→ **Task goal**
Using the data that follows, give the number of lines where the string "function" occurs, and nothing else.
(Records for processing begins)
module _ {F T : Type 0} where
  unfoldable pub get : String → World F T → Option ℕ
  unfolding find_named
  get id w = find_named w.heap id w.clusters

  -- `Get`
  abbrev pub get_cluster : String → World F T → Option ℕ
  get_cluster = get

  -- `List`
  abbrev pub list_clusters : World F T → List ℕ
  list_clusters w = w.clusters

  unfoldable pub get_ready : String → World F T → Option ℕ
  unfolding get is_ready
  get_ready id w = elim (get id w) [
    | none ↦ none
    | some p ↦ if is_ready (w.heap p) then some p else none
  ]

  unfoldable pub list_ready : World F T → List ℕ
  unfolding ready_among is_ready
  list_ready w = ready_among w.heap w.clusters

  -- `append(m.clusters, c)`, for a new object.
  unfoldable pub add : Cluster F → World F T → World F T
  add c w = record (set_cluster w.next c w) {
    clusters = w.clusters ++ w.next ∷ [];
    next = suc w.next;
  }

  -- `context.WithCancel`, and its function kept with the cluster.
  unfoldable pub set_cancel : ℕ → World F T → World F T
  set_cancel p w = set_cluster p (record (w.heap p) { cancel = some false }) w

  -- `go`: a second goroutine on the cluster is marked.
  unfoldable pub start : ℕ → Task F → World F T → World F T
  start p t w = record (set_cluster p (record (w.heap p) { task = some t }) w) {
    overlapped = elim (w.heap p).task [ none ↦ w.overlapped | some old ↦ true ];
  }

  -- `close(toDelete.stopCh)`; it panics on a nil and on a closed channel.
  unfoldable pub close_stop_ch : ℕ → World F T → World F T
  unfolding is_destroyable
  close_stop_ch p w =
      if is_destroyable (w.heap p).stop_ch
      then set_cluster p (record (w.heap p) { stop_ch = closed_ch }) w
      else record w { crashed = true }

  -- `c.isCanceled = true` and `c.cancel()`; the call of a nil function panics.
  unfoldable pub call_cancel : ℕ → Option Bool → World F T → World F T
  call_cancel p none w = record (set_cluster p (record (w.heap p) { is_canceled = true }) w) {
    crashed = true;
  }
  call_cancel p (some called) w =
      set_cluster p (record (w.heap p) { is_canceled = true; cancel = some true }) w

  -- `Cancel`
  unfoldable pub cancel : ℕ → World F T → World F T × CancelReply
  unfolding call_cancel
  cancel p w =
      if is_working (w.heap p).status
      then (if (w.heap p).is_canceled
          then (w, already_canceling)
          else (call_cancel p (w.heap p).cancel w, cancel_sent))
      else (w, wrong_status)

  unfoldable pub cancel_cluster : String → World F T → World F T × Reply
  unfolding cancel cancel_reply
  cancel_cluster id w = elim (get id w) [
    | none ↦ (w, not_found)
    | some p ↦ let (w', r) = cancel p w in (w', cancel_reply r)
  ]

module _ {F V : Type 0} (kv : Kv V) (json : Codec (ClusterState F) V) (fsm : Fsm (World F kv.Table))
    (env : Env F) where
  -- The state that `Create` stores.
  unfoldable pub fresh_state : ScCluster → ℕ → String → ClusterState F
  unfolding gen_zke_config
  fresh_state c now sc_version = record {
    full_state = env.empty_full_state;
    zke_config = gen_zke_config c;
    create_time = now;
    delete_time = 0;
    created = false;
    sc_version = sc_version;
  }

  -- `Create`, with the result of writing the state.
  unfoldable pub create_written :
      String → ClusterState F → kv.Table × Bool → World F kv.Table → World F kv.Table × Reply
  unfolding new_cluster add set_cancel start
  create_written name state (t, saved) w =
      let w' = record w { db_table = t } in
      if not saved then (w', server_error) else (
        start w.next (creating state)
            (set_cancel w.next (add (new_cluster name cs_creating state) w')),
        done,
      )

  -- `Create`, with the result of the validation.
  unfoldable pub create_checked :
      ScCluster → ℕ → Option Invalid → World F kv.Table → World F kv.Table × Reply
  unfolding fresh_state create_written
  create_checked c now (some e) w = (w, invalid_option)
  create_checked c now none w =
      let state = fresh_state c now w.sc_version in
      create_written c.name state (create_or_update_cluster_from_db kv json c.name state w.db_table)
        w

  -- `Create`, with the cluster that was found.
  unfoldable pub create_of : ScCluster → ℕ → Option ℕ → World F kv.Table → World F kv.Table × Reply
  unfolding create_checked
  create_of c now (some p) w = (w, duplicate_resource)
  create_of c now none w = create_checked c now (validate_config_for_create env.sets env.net c) w

  -- `Create`, at the time `now`; the cluster in the answer is not modelled.
  unfoldable pub create_cluster : ScCluster → ℕ → World F kv.Table → World F kv.Table × Reply
  unfolding get create_of
  create_cluster request now w =
      let c = trim_field_space env.trim_space request in create_of c now (get c.name w) w

  -- `Update`, after the event that starts it.
  unfoldable pub go_on : ℕ → ClusterState F → World F kv.Table × Bool → World F kv.Table × Reply
  unfolding set_cancel start
  go_on p state (w, sent) =
      if not sent then (w, server_error) else (start p (updating state) (set_cancel p w), done)

  -- `Update`, with the result of writing the state; the new configuration is already set.
  unfoldable pub update_written :
      ℕ → ClusterState F → kv.Table × Bool → World F kv.Table → World F kv.Table × Reply
  unfolding go_on send
  update_written p state (t, saved) w =
      let w' = record w { db_table = t } in
      if not saved
      then (w', server_error)
      else go_on p state
          (send kv json fsm p (if state.created then update else continute_create) w')

  -- `Update`, with the state that was read.
  unfoldable pub update_found :
      ℕ → ScCluster → Option (ClusterState F) → World F kv.Table → World F kv.Table × Reply
  unfolding update_written can gen_zke_config_for_update
  update_found p c none w = (w, server_error)
  update_found p c (some old) w =
      let config = gen_zke_config_for_update (w.heap p).config c in
      let state : ClusterState F = record old { zke_config = config } in
      if old.created && not (can kv json fsm p update w)
      then (w, permission_denied)
      else update_written p state (create_or_update_cluster_from_db kv json c.name state w.db_table)
          (set_cluster p (record (w.heap p) { config = config }) w)

  -- `Update`, once the request is valid.
  unfoldable pub update_valid : ℕ → ScCluster → World F kv.Table → World F kv.Table × Reply
  unfolding update_found
  update_valid p c w =
      let (t, found) = get_cluster_from_db kv json c.name w.db_table in
      update_found p c found (record w { db_table = t })

  -- `Update`, with the result of the validation.
  unfoldable pub update_checked :
      ℕ → ScCluster → Option Invalid → World F kv.Table → World F kv.Table × Reply
  unfolding update_valid
  update_checked p c (some e) w = (w, invalid_option)
  update_checked p c none w = update_valid p c w

  -- `Update`, with the cluster that was found.
  unfoldable pub update_of :
      ScCluster → (String → Option Bool) → Option ℕ → World F kv.Table → World F kv.Table × Reply
  unfolding update_checked
  update_of c is_storage_node none w = (w, not_found)
  update_of c is_storage_node (some p) w =
      update_checked p c
        (validate_config_for_update env.sets env.net (to_sc_cluster (w.heap p)) c is_storage_node
          (w.heap p).kube_client)
        w

  -- `Update`; the argument before the world is the storage listener's answer about a node.
  unfoldable pub update_request :
      ScCluster → (String → Option Bool) → World F kv.Table → World F kv.Table × Reply
  unfolding get update_of
  update_request request is_storage_node w =
      let c = trim_field_space env.trim_space request in
      update_of c is_storage_node (get c.name w) w

  -- `close(toDelete.stopCh)` and the event, for a cluster that was created.
  unfoldable pub disconnect : ℕ → Bool → World F kv.Table → World F kv.Table
  unfolding close_stop_ch publish
  disconnect p was_created w =
      if was_created
      then publish (resource_delete (to_sc_cluster (w.heap p))) (close_stop_ch p w)
      else w

  -- `Delete`, with the result of writing the state.
  unfoldable pub delete_written : ℕ → kv.Table × Bool → World F kv.Table → World F kv.Table × Reply
  unfolding start
  delete_written p (t, saved) w =
      let w' = record w { db_table = t } in
      if not saved then (w', server_error) else (start p destroying w', done)

  -- `Delete`, with the state that was read. An error of the event is dropped: the condition after
  -- it reads the error of the statement before.
  unfoldable pub delete_found :
      ℕ → String → ℕ → Option (ClusterState F) → World F kv.Table → World F kv.Table × Reply
  unfolding send disconnect delete_written
  delete_found p id now none w = (w, server_error)
  delete_found p id now (some state) w =
      let w' = disconnect p state.created (send kv json fsm p delete w).0 in
      delete_written p
        (create_or_update_cluster_from_db kv json id (record state { delete_time = now })
          w'.db_table)
        (set_cluster p (record (w'.heap p) { delete_time = now }) w')

  -- `Delete`, once the cluster may be deleted.
  unfoldable pub delete_allowed : ℕ → String → ℕ → World F kv.Table → World F kv.Table × Reply
  unfolding delete_found
  delete_allowed p id now w =
      let (t, found) = get_cluster_from_db kv json (w.heap p).name w.db_table in
      delete_found p id now found (record w { db_table = t })

  unfoldable pub delete_cluster : String → ℕ → World F kv.Table → World F kv.Table × Reply
  unfolding get can delete_allowed
  delete_cluster id now w = elim (get id w) [
    | none ↦ (w, not_found)
    | some p ↦
        if not (can kv json fsm p delete w)
        then (w, permission_denied)
        else delete_allowed p id now w
  ]

  -- One round of `connectionCheckLoop`; the Boolean is whether the server's version was read. The
  -- loop ends when the stop channel is closed.
  unfoldable pub check_connection : ℕ → Bool → World F kv.Table → World F kv.Table
  unfolding send is_destroyable
  check_connection p answered w =
      if (w.heap p).watched && is_destroyable (w.heap p).stop_ch
      then (send kv json fsm p (if answered then get_info_succeed else get_info_failed) w).0
      else w

  -- `clusterState{}`, which no callback stores.
  unfoldable pub zero_state : ZkeConfig → ClusterState F
  zero_state config = record {
    full_state = env.empty_full_state;
    zke_config = config;
    create_time = 0;
    delete_time = 0;
    created = false;
    sc_version = "";
  }

  -- The goroutine of a cluster runs.
  unfoldable pub run_task :
      ℕ
      → UpResult F
      → CacheResult
      → RemoveResult
      → Option (Task F)
      → World F kv.Table
      → World F kv.Table
  unfolding create update_cluster destroy
  run_task p up conn rm none w = w
  run_task p up conn rm (some (creating state)) w = create kv json fsm p state up conn w
  run_task p up conn rm (some (updating state)) w = update_cluster kv json fsm p state up conn w
  run_task p up conn rm (some destroying) w =
      destroy kv json fsm (zero_state (w.heap p).config) p rm w

  unfoldable pub finish_task :
      ℕ → UpResult F → CacheResult → RemoveResult → World F kv.Table → World F kv.Table
  unfolding run_task
  finish_task p up conn rm w =
      run_task p up conn rm (w.heap p).task (set_cluster p (record (w.heap p) { task = none }) w)

  -- A cluster of the table at start-up; the Boolean is whether `Init` succeeds.
  unfoldable pub load_cluster : String → ClusterState F → Bool → World F kv.Table → World F kv.Table
  unfolding new_cluster add publish
  load_cluster k v inited w =
      if v.created
      then (if inited
          then (let c = record (new_cluster k cs_running v) {
            kube_client = true;
            stop_ch = open_ch;
            watched = true;
          } in
              publish (resource_create (to_sc_cluster c)) (add c w))
          else w)
      else add (new_cluster k cs_create_failed v) w

  unfoldable pub load_all :
      (String → Bool) → List (String × ClusterState F) → World F kv.Table → World F kv.Table
  unfolding load_cluster
  load_all inits [] w = w
  load_all inits ((k, v) ∷ m) w = load_all inits m (load_cluster k v (inits k) w)

  -- `newZKEManager` and `loadDB`, with what was read of the table; `blank` is what an unused pointer
  -- points to, and `none` an error.
  unfoldable pub started :
      Cluster F
      → String
      → (String → Bool)
      → kv.Table × Option (List (String × ClusterState F))
      → Option (World F kv.Table)
  unfolding load_all
  started blank sc_version inits (t, none) = none
  started blank sc_version inits (t, some states) = some (
      load_all inits states (record {
        clusters = [];
        heap = λ p. blank;
        next = 0;
        db_table = t;
        sc_version = sc_version;
        logs = λ k. false;
        published = [];
        crashed = false;
        overlapped = false;
      }))

  unfoldable pub new_zke_manager :
      Cluster F → String → (String → Bool) → kv.Table → Option (World F kv.Table)
  unfolding started
  new_zke_manager blank sc_version inits table =
      started blank sc_version inits (get_clusters_from_db kv json table)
(Records for processing ends)
→ **Solution to this problem**
2